→ What you need to do: Report every line of the records below that includes the string "rest".

→ Data:
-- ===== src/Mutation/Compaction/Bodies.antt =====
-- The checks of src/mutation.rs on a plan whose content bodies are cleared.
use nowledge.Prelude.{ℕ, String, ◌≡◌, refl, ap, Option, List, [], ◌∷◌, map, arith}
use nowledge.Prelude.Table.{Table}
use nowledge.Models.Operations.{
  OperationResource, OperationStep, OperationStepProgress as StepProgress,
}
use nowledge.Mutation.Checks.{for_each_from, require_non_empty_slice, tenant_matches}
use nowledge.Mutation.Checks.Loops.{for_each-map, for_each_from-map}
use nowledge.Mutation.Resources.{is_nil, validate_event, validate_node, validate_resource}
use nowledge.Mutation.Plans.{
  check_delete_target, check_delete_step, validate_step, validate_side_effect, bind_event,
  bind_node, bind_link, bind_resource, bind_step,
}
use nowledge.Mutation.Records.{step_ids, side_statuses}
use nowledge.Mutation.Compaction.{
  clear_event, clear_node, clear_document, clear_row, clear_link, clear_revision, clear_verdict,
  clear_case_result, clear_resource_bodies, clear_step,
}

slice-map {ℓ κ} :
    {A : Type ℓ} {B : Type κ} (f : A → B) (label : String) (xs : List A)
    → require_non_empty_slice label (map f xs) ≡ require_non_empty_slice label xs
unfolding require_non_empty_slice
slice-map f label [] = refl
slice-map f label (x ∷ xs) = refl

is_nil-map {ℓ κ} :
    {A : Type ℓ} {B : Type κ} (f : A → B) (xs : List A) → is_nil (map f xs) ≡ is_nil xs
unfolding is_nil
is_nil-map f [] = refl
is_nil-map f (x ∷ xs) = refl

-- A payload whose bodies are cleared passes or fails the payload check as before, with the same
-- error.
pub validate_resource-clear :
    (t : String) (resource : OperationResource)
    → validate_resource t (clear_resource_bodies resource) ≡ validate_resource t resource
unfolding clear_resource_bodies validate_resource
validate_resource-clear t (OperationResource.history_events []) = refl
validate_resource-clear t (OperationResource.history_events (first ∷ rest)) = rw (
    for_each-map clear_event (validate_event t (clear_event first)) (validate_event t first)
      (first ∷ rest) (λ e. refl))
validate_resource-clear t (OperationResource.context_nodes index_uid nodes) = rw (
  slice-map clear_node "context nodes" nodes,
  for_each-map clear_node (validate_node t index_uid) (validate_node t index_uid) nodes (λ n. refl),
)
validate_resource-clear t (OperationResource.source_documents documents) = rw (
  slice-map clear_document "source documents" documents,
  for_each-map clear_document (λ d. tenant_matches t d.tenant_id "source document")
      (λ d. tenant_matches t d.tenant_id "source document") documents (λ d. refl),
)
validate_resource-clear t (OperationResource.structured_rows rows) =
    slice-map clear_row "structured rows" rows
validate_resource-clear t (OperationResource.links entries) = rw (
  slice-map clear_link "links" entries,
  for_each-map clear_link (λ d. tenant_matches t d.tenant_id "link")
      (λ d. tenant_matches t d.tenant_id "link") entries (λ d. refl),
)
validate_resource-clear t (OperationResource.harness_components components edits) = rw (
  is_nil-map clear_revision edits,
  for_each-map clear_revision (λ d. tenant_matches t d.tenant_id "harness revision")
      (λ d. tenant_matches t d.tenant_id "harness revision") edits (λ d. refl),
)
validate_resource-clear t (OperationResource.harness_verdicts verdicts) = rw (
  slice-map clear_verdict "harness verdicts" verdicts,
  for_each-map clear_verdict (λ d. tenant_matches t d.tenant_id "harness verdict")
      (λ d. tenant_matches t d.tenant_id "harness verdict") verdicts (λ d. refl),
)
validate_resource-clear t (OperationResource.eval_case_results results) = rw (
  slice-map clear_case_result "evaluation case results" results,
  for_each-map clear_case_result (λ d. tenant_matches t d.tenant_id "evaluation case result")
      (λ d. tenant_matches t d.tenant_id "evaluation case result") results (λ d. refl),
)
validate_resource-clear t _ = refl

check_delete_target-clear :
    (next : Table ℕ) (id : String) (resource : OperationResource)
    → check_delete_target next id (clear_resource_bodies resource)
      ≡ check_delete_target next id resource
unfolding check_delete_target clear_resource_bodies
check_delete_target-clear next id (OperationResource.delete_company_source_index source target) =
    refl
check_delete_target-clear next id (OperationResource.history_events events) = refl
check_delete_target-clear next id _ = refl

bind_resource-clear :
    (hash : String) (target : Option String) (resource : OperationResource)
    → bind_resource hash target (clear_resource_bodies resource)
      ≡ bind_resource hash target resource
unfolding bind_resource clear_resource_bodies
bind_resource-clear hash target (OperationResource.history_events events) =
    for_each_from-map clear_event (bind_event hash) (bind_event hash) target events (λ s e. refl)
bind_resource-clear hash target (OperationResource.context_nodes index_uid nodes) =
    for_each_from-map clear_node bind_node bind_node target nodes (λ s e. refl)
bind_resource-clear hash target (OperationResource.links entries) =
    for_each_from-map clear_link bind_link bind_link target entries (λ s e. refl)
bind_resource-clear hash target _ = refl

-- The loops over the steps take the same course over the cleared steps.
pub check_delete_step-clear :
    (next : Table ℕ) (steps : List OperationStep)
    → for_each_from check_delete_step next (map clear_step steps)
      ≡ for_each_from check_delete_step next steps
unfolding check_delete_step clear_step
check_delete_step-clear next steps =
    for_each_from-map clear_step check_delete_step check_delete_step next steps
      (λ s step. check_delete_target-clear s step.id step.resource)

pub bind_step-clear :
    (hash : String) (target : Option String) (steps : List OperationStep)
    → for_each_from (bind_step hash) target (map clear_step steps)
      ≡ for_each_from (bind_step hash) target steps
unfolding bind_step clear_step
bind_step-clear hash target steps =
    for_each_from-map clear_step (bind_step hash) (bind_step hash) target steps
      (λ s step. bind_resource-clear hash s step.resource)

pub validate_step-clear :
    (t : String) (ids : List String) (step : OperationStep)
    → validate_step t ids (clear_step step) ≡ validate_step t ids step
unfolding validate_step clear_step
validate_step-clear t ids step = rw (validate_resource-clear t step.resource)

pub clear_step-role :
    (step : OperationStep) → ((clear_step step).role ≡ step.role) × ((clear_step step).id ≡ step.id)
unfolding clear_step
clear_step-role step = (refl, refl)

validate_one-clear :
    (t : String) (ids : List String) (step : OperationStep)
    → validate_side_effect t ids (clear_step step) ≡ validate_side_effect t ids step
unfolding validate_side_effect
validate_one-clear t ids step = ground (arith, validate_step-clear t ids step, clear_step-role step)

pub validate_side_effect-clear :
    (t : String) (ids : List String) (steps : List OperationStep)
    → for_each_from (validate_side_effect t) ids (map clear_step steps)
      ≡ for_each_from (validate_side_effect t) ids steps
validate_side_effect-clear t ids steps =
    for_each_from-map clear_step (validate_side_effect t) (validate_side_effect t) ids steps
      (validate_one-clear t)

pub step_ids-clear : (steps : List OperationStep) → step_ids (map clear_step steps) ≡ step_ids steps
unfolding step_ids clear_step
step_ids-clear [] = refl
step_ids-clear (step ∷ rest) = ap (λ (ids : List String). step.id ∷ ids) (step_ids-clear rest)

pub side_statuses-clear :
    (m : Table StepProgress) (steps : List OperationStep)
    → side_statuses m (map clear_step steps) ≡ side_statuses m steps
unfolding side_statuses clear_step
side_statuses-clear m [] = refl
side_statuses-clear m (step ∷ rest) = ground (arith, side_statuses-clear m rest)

→ Worked solution:
validate_resource-clear t (OperationResource.history_events (first ∷ rest)) = rw (
      (first ∷ rest) (λ e. refl))
step_ids-clear (step ∷ rest) = ap (λ (ids : List String). step.id ∷ ids) (step_ids-clear rest)
side_statuses-clear m (step ∷ rest) = ground (arith, side_statuses-clear m rest)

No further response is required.